The scan driver 110 supplies to the scan electrode a scan signal which falls from a scan reference voltage Vsc to a scan voltage −Vy, is maintained at the scan voltage −Vy, and rises to the scan reference voltage Vsc.

The data driver 120 supplies a first data signal and a second data signal, which correspond to the scan signal, to the first address electrode and the second address electrode respectively. The first and second address electrodes are adjacent to each other. The first data signal and the second data signal are supplied at different supply time points t1, t2. The first data signal or the second data signal gradually rises to a data voltage Vd during a first period, is maintained at the data voltage Vd during a second period, and gradually falls from the data voltage Vd during a third period.

The durations of the first and the third periods may be between 5% and 20% of the duration of the second period.
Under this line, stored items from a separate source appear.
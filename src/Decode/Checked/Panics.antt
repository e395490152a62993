-- ===== src/Decode/Checked/Panics.antt =====
-- `validate` of a bar compares prices only after it knows that they are numbers.
use market_data_backend.Prelude.{
  String, Bool, true, false, Option, some, Result, ok, err, ◌>>=◌, ◌>>◌, ◌≡◌, ◌≢◌, refl, ap,
  if◌then◌else◌,
}
use market_data_backend.Numeric.{BigFloat, cmp_parsed, compare_numeric, parse_price}
use market_data_backend.Model.{GroupInput}
use market_data_backend.Model.StreamKind
use market_data_backend.Model.StreamKey.{KeyError, stream_key_for}
use market_data_backend.Decode.Decimal.{valid_positive_numeric}
use market_data_backend.Decode.Bar.{
  KlineMessage, kline_source_exchange, BarError, rejected, panics, stream_key_of, is_less,
  is_greater, refuse, require, check_frame, check_numbers, check_within, check_range,
  validate_kline,
}
use market_data_backend.Decode.Checked.Guards.{guard_passed}
use market_data_backend.Decode.Checked.Levels.{IsPositive, valid_positive_numeric-IsPositive}
use Prim.Native.Nat.{Ordering}

-- The call returned.
record Returns {ℓ} {A : Type ℓ} (r : Result BarError A) : Type ℓ where
  no_panic : r ≢ err panics

abbrev error_or {ℓ} : {A : Type ℓ} → BarError → Result BarError A → BarError
error_or d (ok x) = d
error_or d (err e) = e

err-injective {ℓ} :
    {A : Type ℓ} {a b : BarError} → ◌≡◌ {A = Result BarError A} (err a) (err b) → a ≡ b
err-injective {a = a} h = ap (error_or a) h

then_Returns {ℓ} :
    {A : Type ℓ} (check : Result BarError (Unit {0})) (next : Result BarError A)
    → Returns check
    → (check ≡ ok tt → Returns next)
    → Returns (check >> next)
then_Returns (ok u) next c f = f refl
then_Returns (err e) next c f = record { no_panic = λ h. c.no_panic (ap err (err-injective h)) }

require_then {ℓ} :
    {A : Type ℓ} (test : Bool) (e : String) (next : Result BarError A)
    → Returns next
    → Returns (require test e >> next)
require_then true e next c = c
require_then false e next c = record { no_panic = λ h. absurd (cc h) }

require-Returns : (test : Bool) (e : String) → Returns (require test e)
require-Returns true e = record { no_panic = λ h. absurd (cc h) }
require-Returns false e = record { no_panic = λ h. absurd (cc h) }

check_frame-Returns :
    (km : KlineMessage) (in_ : GroupInput) (key : String) → Returns (check_frame km in_ key)
unfolding check_frame
check_frame-Returns km in_ key = search (require_then, require-Returns) depth 10

module _ (big : BigFloat) where
  open big use {Float}

  check_numbers-Returns : (km : KlineMessage) → Returns (check_numbers big km)
  unfolding check_numbers
  check_numbers-Returns km = search (require_then, require-Returns) depth 10

  rejected_if : (b : Bool) (e : String) → Returns (if b then err (rejected e) else ok (tt {0}))
  rejected_if true e = record { no_panic = λ h. absurd (cc h) }
  rejected_if false e = record { no_panic = λ h. absurd (cc h) }

  refuse-Returns :
      (bad : Ordering → Bool) (o p : Option Float) (e : String) (u v : Float)
      → o ≡ some u
      → p ≡ some v
      → Returns (refuse bad (cmp_parsed big o p) e)
  unfolding cmp_parsed
  refuse-Returns bad o p e u v q r = rw (q, r) (rejected_if _ e)

  compared :
      (bad : Ordering → Bool) (a b e : String)
      → IsPositive big a
      → IsPositive big b
      → Returns (refuse bad (compare_numeric big a b) e)
  unfolding compare_numeric
  compared bad a b e p q =
      refuse-Returns bad (parse_price big a) (parse_price big b) e p.0 q.0 p.1 q.1

  check_within-Returns :
      (km : KlineMessage) (name value : String)
      → IsPositive big value
      → IsPositive big km.low
      → IsPositive big km.high
      → Returns (check_within big km name value)
  unfolding check_within
  check_within-Returns km name value v low high =
      then_Returns _ _ (compared is_less value km.low _ v low)
        (λ _. compared is_greater value km.high _ v high)

  record ArePositive (km : KlineMessage) : Type 0 where
    open_positive : IsPositive big km.open_price
    high_positive : IsPositive big km.high
    low_positive : IsPositive big km.low
    close_positive : IsPositive big km.close_price

  check_numbers-ArePositive : (km : KlineMessage) → check_numbers big km ≡ ok tt → ArePositive km
  unfolding check_numbers
  check_numbers-ArePositive km h =
      let open_ = guard_passed (valid_positive_numeric big km.open_price) _ _ tt h in
      let high = guard_passed (valid_positive_numeric big km.high) _ _ tt open_.1 in
      let low = guard_passed (valid_positive_numeric big km.low) _ _ tt high.1 in
      let close = guard_passed (valid_positive_numeric big km.close_price) _ _ tt low.1 in
      record {
        open_positive = valid_positive_numeric-IsPositive big km.open_price open_.0;
        high_positive = valid_positive_numeric-IsPositive big km.high high.0;
        low_positive = valid_positive_numeric-IsPositive big km.low low.0;
        close_positive = valid_positive_numeric-IsPositive big km.close_price close.0;
      }

  check_range-Returns : (km : KlineMessage) → ArePositive km → Returns (check_range big km)
  unfolding check_range
  check_range-Returns km p =
      then_Returns _ _ (compared is_less km.high km.low _ p.high_positive p.low_positive) λ _.
        then_Returns _ _
          (check_within-Returns km "open" km.open_price p.open_positive p.low_positive
            p.high_positive)
          λ _.
            check_within-Returns km "close" km.close_price p.close_positive p.low_positive
              p.high_positive

  with_key :
      (km : KlineMessage) (in_ : GroupInput) (key : Result KeyError String)
      → Returns (
          stream_key_of key >>= λ k.
          check_frame km in_ k
          >> check_numbers big km
          >> check_range big km
          >> ok kline_source_exchange)
  with_key km in_ (err e) = record { no_panic = λ h. absurd (cc h) }
  with_key km in_ (ok key) = then_Returns _ _ (check_frame-Returns km in_ key) λ _.
      then_Returns _ _ (check_numbers-Returns km) λ numbers.
        then_Returns _ _ (check_range-Returns km (check_numbers-ArePositive km numbers))
          λ _. record { no_panic = λ h. absurd (cc h) }

  -- The checks of a bar return for every message and every input: no comparison meets a price that
  -- `big.ParseFloat` refused, which would be a nil pointer.
  pub validate_kline-returns :
      (km : KlineMessage) (in_ : GroupInput) → validate_kline big km in_ ≢ err panics
  unfolding validate_kline
  validate_kline-returns km in_ =
      (with_key km in_ (stream_key_for StreamKind.kline in_.interval)).no_panic
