-- ===== src/Input.antt =====
-- internal/runtime/input_worker.go: the consumer of one input stream. Config holds the batch
-- settings, Types the messages and the state, Status what the worker reports, Prepare the decision
-- on one message, Flush the write of a batch, Consume the loop; the others prove what they do.
pub mod Config
pub mod Types
pub mod Status
pub mod Prepare
pub mod Flush
pub mod Consume
pub mod Trace
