-- ===== src/Model/ActualStatus.antt =====
-- internal/model/model.go: the observed status of an input stream.
use market_data_backend.Prelude.{String}

abbrev pub pending : String
pending = "pending"

abbrev pub starting : String
starting = "starting"

abbrev pub running : String
running = "running"

abbrev pub paused : String
paused = "paused"

abbrev pub error : String
error = "error"

abbrev pub stopped : String
stopped = "stopped"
The durations of the first and the third periods may be between between 50 nsec and 200 nsec. The slope of the data signal during the first period may range between 0.1V/nsec and 1V/nsec. The slope of the data signal during the third period may range between −0.1 V/nsec and −1 V/sec.

When the first data signal or the second data signal as above is supplied, noise and Electro Magnetic Interference due to a voltage variation are reduced because the voltage on the first address electrode and the second address electrode varies gradually.

Also, the supply of the first and second data signals at different supply start time points t1 and t2 reduces noise. When the data signals are supplied at the same supply start time point, the voltage difference between the data signals and the scan signal increases noise. On the other hand, when the data signals are supplied at the different supply start time points t1 and t2, noises generated by the voltage difference of the data signals and the scan signal are spread in time, and the whole noise is reduced.

When the difference Δt between the supply start time points t1 and t2 of the data signals may range from 0.2 times to 1 times the duration of the first period, the noise and the electro magnetic interference are effectively reduced.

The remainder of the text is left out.